Dataset entries:
:::::

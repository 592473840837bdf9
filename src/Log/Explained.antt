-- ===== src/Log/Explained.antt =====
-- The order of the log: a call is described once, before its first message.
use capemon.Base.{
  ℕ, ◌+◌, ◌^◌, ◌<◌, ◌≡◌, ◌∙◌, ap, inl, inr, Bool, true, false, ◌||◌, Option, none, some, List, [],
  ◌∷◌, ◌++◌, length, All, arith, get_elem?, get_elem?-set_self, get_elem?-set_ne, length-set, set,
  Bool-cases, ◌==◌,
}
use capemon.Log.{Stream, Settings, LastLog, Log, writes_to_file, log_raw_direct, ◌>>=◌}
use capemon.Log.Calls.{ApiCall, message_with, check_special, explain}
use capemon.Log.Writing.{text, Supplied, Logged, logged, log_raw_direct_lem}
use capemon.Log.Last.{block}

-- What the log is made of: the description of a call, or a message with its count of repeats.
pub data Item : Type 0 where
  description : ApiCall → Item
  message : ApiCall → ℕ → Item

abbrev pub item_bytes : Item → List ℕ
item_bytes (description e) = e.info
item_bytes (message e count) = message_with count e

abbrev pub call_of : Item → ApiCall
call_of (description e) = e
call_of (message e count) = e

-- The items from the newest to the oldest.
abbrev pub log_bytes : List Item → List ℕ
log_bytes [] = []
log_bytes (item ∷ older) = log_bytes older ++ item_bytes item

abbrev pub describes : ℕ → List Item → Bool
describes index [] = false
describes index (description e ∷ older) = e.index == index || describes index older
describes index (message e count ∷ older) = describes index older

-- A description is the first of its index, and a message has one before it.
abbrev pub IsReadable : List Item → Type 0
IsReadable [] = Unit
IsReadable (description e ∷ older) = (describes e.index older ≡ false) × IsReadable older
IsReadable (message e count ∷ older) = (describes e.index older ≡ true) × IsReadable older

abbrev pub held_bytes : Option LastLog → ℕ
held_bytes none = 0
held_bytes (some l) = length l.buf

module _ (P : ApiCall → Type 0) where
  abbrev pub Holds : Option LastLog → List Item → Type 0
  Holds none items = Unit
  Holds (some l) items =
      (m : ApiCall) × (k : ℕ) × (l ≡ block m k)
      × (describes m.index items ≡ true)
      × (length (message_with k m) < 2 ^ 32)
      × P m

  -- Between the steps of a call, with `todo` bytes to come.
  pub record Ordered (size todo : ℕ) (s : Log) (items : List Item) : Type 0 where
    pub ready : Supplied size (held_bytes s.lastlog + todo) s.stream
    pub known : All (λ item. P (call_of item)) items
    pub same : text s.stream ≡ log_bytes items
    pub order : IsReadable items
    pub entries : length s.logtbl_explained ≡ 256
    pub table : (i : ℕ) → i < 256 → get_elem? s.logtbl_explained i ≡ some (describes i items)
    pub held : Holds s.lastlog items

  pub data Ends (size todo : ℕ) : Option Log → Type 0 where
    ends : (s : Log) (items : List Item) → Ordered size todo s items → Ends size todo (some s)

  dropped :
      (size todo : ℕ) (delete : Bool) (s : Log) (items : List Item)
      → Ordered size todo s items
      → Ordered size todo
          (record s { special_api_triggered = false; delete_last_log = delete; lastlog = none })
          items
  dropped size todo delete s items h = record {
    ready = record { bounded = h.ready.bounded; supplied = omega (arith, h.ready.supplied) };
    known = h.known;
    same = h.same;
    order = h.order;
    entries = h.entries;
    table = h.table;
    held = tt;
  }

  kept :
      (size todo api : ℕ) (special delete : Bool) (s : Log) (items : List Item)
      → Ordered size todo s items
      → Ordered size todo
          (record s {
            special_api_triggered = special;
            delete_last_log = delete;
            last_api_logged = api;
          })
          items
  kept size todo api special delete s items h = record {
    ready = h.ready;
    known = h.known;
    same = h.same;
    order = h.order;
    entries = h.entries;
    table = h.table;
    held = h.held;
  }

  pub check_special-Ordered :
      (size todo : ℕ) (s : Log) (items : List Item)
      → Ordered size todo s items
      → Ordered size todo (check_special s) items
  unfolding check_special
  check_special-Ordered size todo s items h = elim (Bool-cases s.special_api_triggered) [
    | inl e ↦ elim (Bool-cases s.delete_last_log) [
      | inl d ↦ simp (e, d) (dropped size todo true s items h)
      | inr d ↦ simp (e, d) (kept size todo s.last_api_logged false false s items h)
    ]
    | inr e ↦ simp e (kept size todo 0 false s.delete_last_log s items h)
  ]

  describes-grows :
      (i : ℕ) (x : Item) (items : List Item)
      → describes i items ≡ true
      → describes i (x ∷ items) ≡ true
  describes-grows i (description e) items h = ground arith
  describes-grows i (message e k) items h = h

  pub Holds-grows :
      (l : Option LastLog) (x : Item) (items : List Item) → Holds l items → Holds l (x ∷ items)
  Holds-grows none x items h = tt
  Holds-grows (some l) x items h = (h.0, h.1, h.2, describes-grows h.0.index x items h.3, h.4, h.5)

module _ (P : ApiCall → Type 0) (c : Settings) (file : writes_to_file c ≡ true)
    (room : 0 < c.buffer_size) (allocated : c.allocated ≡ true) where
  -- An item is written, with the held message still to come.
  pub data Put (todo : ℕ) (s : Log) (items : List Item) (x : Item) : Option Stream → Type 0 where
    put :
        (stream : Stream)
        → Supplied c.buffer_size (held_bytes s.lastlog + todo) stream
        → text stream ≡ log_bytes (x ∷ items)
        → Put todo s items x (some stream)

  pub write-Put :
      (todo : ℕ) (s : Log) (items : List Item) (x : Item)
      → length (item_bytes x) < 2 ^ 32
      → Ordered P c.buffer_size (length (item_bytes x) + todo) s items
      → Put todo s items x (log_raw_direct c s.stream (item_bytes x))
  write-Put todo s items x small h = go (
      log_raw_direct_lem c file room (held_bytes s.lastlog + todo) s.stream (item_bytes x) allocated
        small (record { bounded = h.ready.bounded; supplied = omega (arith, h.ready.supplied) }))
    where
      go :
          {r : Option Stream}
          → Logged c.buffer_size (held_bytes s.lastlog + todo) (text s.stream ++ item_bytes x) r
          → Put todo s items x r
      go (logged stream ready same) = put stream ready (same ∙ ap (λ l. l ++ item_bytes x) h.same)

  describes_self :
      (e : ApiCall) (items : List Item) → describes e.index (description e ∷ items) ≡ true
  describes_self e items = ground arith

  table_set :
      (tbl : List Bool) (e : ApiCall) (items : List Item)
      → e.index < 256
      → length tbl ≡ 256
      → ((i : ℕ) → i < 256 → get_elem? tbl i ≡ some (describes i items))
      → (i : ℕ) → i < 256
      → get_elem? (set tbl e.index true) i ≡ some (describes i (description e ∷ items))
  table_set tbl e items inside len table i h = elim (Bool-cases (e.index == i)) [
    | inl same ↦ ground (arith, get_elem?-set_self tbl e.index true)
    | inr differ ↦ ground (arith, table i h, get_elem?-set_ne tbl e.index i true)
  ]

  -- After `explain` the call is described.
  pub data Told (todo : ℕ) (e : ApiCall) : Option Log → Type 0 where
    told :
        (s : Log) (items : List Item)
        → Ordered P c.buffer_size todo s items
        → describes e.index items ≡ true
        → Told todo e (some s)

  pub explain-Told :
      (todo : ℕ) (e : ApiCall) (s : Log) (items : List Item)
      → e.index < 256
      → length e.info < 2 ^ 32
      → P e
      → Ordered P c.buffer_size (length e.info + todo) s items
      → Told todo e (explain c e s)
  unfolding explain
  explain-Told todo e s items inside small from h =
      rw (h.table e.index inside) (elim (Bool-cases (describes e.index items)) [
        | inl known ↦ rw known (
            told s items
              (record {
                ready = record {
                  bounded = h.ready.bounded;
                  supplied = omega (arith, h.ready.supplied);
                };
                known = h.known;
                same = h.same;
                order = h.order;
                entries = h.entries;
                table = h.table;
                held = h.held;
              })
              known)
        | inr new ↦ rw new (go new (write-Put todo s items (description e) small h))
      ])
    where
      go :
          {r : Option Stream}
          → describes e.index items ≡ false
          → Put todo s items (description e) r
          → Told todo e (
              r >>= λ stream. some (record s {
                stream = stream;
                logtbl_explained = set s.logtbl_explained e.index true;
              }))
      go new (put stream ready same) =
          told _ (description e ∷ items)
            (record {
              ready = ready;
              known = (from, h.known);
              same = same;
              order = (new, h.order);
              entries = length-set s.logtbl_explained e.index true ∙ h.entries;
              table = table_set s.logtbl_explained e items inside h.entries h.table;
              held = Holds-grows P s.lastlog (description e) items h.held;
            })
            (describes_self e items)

:::::

__Directions__.
Please find all lines of the entries that hold the string "text" and copy them.

__Solved problem__.
use capemon.Log.Writing.{text, Supplied, Logged, logged, log_raw_direct_lem}
    pub same : text s.stream ≡ log_bytes items
        → text stream ≡ log_bytes (x ∷ items)
          → Logged c.buffer_size (held_bytes s.lastlog + todo) (text s.stream ++ item_bytes x) r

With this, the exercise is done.